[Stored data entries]
'''
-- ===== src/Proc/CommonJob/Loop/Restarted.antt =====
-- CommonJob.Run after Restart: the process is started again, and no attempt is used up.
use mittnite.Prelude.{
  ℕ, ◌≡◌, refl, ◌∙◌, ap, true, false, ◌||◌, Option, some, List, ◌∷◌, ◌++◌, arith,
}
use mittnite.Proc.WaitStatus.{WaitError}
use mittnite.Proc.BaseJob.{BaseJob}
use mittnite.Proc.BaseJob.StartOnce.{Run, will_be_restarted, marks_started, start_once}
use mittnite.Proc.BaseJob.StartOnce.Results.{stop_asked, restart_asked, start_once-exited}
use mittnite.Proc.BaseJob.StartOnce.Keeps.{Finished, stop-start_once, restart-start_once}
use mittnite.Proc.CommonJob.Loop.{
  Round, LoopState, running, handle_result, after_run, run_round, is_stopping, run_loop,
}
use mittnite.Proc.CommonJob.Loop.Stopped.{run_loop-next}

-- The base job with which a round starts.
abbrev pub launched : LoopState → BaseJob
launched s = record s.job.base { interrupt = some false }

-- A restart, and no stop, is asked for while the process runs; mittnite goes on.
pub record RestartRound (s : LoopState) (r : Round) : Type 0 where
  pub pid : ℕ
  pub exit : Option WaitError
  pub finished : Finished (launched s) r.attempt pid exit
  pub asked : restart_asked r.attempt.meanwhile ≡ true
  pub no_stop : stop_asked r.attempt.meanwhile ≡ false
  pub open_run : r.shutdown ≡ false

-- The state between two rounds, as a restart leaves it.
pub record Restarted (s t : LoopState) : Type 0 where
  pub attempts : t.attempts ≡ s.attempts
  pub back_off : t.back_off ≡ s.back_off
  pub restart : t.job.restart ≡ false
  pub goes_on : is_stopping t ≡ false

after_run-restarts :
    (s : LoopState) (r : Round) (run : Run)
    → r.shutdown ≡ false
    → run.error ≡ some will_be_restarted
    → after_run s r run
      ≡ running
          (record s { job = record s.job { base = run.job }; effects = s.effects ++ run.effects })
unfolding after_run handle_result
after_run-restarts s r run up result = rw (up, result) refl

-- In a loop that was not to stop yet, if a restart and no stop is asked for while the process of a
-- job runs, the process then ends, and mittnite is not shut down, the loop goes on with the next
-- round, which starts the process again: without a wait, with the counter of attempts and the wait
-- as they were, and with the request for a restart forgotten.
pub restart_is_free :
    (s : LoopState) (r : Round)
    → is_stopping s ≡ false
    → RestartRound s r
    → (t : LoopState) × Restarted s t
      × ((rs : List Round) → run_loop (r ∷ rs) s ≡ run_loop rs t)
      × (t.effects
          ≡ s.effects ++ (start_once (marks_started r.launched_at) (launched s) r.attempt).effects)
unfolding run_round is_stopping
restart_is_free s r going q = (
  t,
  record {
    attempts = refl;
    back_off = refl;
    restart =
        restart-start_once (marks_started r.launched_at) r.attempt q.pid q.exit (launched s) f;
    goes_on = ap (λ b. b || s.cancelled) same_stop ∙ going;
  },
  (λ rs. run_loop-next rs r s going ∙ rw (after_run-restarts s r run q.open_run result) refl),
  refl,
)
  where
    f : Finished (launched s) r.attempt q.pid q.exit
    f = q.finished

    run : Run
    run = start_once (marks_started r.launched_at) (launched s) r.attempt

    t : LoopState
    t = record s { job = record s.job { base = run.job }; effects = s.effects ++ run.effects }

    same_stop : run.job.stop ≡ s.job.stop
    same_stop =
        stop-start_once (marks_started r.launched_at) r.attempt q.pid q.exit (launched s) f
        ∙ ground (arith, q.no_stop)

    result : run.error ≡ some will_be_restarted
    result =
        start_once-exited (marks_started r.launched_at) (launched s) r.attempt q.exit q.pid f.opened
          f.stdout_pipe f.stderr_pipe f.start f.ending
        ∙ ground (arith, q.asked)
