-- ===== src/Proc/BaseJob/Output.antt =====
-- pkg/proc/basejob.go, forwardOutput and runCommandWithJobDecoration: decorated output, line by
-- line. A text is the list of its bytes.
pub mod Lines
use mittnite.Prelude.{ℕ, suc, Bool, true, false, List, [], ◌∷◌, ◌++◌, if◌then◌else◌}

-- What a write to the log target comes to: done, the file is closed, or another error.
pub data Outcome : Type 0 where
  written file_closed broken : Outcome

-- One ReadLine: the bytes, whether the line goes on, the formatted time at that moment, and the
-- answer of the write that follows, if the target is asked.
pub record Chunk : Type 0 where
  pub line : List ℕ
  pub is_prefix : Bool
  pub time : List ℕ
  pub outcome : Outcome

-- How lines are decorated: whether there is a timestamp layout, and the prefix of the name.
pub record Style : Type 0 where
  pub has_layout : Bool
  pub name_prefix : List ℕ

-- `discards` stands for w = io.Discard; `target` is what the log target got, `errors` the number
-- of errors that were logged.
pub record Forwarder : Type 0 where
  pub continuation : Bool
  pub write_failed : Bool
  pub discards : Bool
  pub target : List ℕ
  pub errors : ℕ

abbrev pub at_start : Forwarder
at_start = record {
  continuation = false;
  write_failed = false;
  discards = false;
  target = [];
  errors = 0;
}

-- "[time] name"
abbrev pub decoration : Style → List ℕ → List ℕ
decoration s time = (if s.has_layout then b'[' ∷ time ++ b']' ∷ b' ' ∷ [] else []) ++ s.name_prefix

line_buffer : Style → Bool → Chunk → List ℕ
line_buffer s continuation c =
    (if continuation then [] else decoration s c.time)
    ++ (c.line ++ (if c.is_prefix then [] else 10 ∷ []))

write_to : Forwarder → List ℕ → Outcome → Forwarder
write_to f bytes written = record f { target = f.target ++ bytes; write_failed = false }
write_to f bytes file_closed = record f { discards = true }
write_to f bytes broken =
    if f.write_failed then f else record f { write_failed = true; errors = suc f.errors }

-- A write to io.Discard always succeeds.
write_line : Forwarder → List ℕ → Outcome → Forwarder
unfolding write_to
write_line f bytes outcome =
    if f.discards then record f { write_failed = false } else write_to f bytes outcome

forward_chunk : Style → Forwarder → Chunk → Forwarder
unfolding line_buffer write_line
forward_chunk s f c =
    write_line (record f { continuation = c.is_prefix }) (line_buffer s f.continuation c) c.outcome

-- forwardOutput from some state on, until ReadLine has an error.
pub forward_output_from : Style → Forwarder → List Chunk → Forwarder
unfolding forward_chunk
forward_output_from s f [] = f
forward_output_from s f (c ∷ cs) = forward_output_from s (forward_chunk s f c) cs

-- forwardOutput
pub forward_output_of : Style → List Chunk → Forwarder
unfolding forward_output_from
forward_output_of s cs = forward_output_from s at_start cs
'''
'''
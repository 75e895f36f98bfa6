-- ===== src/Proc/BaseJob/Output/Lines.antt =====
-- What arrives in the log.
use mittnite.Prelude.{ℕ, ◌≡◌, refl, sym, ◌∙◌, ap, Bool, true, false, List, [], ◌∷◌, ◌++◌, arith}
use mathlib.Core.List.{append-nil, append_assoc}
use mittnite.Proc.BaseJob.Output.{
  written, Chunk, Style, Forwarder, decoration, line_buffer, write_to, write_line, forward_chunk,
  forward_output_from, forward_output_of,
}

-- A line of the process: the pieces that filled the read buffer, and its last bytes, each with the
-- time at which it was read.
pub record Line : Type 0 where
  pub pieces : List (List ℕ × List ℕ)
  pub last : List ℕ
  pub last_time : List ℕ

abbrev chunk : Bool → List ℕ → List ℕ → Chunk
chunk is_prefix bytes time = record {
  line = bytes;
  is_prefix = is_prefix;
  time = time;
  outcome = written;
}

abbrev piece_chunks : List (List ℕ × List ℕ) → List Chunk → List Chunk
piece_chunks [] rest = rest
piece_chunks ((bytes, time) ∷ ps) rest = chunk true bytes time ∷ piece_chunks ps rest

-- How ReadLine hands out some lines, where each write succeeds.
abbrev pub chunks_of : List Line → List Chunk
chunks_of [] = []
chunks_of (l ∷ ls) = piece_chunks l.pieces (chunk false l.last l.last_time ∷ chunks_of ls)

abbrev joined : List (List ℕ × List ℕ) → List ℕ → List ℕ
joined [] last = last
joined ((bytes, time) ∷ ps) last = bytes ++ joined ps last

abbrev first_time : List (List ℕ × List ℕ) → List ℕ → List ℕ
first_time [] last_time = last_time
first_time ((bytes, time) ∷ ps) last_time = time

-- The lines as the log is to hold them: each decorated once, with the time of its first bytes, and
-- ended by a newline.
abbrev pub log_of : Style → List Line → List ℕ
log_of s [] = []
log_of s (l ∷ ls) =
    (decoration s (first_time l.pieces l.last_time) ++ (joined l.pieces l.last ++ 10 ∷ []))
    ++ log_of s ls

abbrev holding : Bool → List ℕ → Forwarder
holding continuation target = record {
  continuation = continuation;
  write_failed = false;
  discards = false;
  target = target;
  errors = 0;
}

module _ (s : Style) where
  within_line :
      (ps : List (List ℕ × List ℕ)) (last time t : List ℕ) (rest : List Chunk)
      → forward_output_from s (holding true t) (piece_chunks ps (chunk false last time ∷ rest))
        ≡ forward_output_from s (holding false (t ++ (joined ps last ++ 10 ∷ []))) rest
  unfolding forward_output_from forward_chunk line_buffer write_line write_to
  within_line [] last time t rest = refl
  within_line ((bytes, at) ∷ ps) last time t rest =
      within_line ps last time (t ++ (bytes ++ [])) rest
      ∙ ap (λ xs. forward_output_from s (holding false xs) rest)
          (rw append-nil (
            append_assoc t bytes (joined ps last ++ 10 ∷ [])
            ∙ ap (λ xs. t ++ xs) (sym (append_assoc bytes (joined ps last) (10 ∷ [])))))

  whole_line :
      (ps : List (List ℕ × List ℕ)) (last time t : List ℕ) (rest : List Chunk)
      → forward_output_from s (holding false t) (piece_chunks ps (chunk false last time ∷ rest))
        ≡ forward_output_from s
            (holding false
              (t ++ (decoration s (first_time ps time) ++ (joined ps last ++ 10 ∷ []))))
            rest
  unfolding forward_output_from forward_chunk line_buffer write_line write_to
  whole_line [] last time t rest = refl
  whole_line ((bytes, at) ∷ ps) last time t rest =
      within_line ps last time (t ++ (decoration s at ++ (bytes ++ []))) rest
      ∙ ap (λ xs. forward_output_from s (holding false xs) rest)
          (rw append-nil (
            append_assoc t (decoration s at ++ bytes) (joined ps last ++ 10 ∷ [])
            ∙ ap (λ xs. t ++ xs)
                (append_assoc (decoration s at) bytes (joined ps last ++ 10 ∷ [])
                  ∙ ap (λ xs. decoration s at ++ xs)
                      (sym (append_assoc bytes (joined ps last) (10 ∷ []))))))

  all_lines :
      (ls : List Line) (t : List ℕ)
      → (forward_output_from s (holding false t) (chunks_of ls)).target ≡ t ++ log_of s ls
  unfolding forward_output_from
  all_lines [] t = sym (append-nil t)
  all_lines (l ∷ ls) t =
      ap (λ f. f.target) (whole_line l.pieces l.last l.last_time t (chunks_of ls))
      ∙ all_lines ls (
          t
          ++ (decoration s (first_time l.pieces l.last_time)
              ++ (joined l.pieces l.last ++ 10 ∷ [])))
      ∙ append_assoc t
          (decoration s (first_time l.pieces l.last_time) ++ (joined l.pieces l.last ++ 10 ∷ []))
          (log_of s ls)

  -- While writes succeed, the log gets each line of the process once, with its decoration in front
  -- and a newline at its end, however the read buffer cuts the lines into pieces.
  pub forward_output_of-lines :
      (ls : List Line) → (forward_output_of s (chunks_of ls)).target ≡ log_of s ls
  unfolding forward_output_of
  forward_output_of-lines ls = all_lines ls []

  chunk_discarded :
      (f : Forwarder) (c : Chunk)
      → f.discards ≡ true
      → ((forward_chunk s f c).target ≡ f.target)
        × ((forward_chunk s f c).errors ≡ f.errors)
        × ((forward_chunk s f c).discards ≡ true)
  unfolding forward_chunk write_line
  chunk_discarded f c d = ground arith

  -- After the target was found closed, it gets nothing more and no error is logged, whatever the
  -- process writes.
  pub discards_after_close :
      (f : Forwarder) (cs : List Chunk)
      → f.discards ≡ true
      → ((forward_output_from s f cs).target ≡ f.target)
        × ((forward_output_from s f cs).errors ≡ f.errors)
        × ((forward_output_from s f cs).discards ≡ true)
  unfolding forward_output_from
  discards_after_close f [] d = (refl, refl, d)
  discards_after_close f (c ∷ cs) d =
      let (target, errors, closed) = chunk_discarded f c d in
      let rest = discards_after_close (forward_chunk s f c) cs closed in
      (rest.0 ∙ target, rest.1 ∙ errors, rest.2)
'''
> _Task description_
Pick out the lines above containing the word "refl", then copy them.

> _Solution for this problem_
  ℕ, ◌≡◌, refl, ◌∙◌, ap, true, false, ◌||◌, Option, some, List, ◌∷◌, ◌++◌, arith,
after_run-restarts s r run up result = rw (up, result) refl
    attempts = refl;
    back_off = refl;
  (λ rs. run_loop-next rs r s going ∙ rw (after_run-restarts s r run q.open_run result) refl),
  refl,
use mittnite.Prelude.{ℕ, ◌≡◌, refl, sym, ◌∙◌, ap, Bool, true, false, List, [], ◌∷◌, ◌++◌, arith}
  within_line [] last time t rest = refl
  whole_line [] last time t rest = refl
  discards_after_close f [] d = (refl, refl, d)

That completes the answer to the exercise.